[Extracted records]
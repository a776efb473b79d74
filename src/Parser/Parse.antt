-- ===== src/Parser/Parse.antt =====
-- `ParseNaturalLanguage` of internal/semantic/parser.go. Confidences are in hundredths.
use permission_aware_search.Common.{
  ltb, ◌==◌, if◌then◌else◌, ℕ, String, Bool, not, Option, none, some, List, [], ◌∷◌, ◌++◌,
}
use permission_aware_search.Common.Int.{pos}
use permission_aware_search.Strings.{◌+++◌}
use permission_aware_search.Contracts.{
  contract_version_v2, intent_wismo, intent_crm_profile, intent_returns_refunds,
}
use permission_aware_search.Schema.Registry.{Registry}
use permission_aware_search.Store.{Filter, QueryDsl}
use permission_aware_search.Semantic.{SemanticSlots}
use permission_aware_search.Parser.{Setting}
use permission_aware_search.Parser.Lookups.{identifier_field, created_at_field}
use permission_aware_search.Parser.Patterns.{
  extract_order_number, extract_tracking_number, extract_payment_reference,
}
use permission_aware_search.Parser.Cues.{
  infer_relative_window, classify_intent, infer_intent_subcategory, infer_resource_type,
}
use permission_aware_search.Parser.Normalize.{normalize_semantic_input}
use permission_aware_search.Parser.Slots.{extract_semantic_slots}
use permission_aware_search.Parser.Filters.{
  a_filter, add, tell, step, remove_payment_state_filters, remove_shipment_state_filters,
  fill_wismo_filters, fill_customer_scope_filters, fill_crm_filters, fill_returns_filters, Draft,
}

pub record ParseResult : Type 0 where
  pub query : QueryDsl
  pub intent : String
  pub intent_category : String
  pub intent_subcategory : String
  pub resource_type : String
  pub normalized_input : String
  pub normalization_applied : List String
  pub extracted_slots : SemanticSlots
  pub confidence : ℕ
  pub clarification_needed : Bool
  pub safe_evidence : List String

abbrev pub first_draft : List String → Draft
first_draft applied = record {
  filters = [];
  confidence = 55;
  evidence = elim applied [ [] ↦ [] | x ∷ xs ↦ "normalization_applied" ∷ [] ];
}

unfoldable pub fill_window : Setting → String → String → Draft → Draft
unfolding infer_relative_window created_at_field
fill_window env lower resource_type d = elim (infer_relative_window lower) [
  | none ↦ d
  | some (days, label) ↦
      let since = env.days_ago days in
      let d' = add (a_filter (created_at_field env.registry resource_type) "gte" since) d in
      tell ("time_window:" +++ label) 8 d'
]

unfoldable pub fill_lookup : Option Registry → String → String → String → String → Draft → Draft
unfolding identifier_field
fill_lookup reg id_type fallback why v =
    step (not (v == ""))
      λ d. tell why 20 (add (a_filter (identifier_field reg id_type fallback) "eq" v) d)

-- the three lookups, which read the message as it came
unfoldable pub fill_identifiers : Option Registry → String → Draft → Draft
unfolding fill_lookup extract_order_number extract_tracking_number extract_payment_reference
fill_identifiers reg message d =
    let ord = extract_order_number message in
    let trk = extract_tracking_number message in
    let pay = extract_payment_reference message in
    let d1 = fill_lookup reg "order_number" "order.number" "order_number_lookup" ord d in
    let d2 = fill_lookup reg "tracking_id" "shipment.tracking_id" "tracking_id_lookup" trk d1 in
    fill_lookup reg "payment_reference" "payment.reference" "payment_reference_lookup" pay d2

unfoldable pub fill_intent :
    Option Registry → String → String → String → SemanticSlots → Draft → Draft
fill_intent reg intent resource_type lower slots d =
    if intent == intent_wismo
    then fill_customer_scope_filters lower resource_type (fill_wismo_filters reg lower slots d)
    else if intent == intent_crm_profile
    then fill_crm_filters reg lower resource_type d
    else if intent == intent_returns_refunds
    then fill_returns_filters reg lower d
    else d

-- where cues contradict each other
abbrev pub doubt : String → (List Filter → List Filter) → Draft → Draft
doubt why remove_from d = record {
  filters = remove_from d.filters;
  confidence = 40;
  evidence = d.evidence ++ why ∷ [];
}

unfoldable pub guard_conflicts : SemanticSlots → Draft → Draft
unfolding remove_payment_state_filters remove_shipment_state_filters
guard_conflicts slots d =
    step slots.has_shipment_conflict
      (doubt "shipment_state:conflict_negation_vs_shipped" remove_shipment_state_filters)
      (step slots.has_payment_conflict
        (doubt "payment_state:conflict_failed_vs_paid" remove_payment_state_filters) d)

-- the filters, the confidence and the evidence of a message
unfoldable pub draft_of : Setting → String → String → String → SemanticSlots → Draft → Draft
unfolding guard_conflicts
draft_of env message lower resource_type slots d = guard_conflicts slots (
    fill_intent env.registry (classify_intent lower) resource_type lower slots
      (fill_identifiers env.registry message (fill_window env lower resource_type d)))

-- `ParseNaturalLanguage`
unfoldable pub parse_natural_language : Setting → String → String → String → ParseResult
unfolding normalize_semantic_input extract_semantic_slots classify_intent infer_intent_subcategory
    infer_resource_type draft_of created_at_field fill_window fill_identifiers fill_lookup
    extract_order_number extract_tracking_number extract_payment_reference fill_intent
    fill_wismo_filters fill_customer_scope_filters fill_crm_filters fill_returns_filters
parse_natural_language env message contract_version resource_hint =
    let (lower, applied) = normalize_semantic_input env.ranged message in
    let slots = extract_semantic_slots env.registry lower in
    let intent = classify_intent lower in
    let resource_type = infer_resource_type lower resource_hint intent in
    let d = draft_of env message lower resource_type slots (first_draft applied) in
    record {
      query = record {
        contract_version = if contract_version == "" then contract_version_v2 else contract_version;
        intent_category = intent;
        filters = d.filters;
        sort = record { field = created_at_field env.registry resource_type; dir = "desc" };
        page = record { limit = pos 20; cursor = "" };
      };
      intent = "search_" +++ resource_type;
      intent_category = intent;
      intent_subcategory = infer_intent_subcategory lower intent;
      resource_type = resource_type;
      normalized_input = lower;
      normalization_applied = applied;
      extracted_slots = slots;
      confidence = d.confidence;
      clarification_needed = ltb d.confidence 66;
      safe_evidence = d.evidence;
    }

[DIRECTIONS]
Give the number of lines in the records above in which the word "SemanticSlots" appears. Include no other text.

[ANSWER TO THE PROBLEM]
5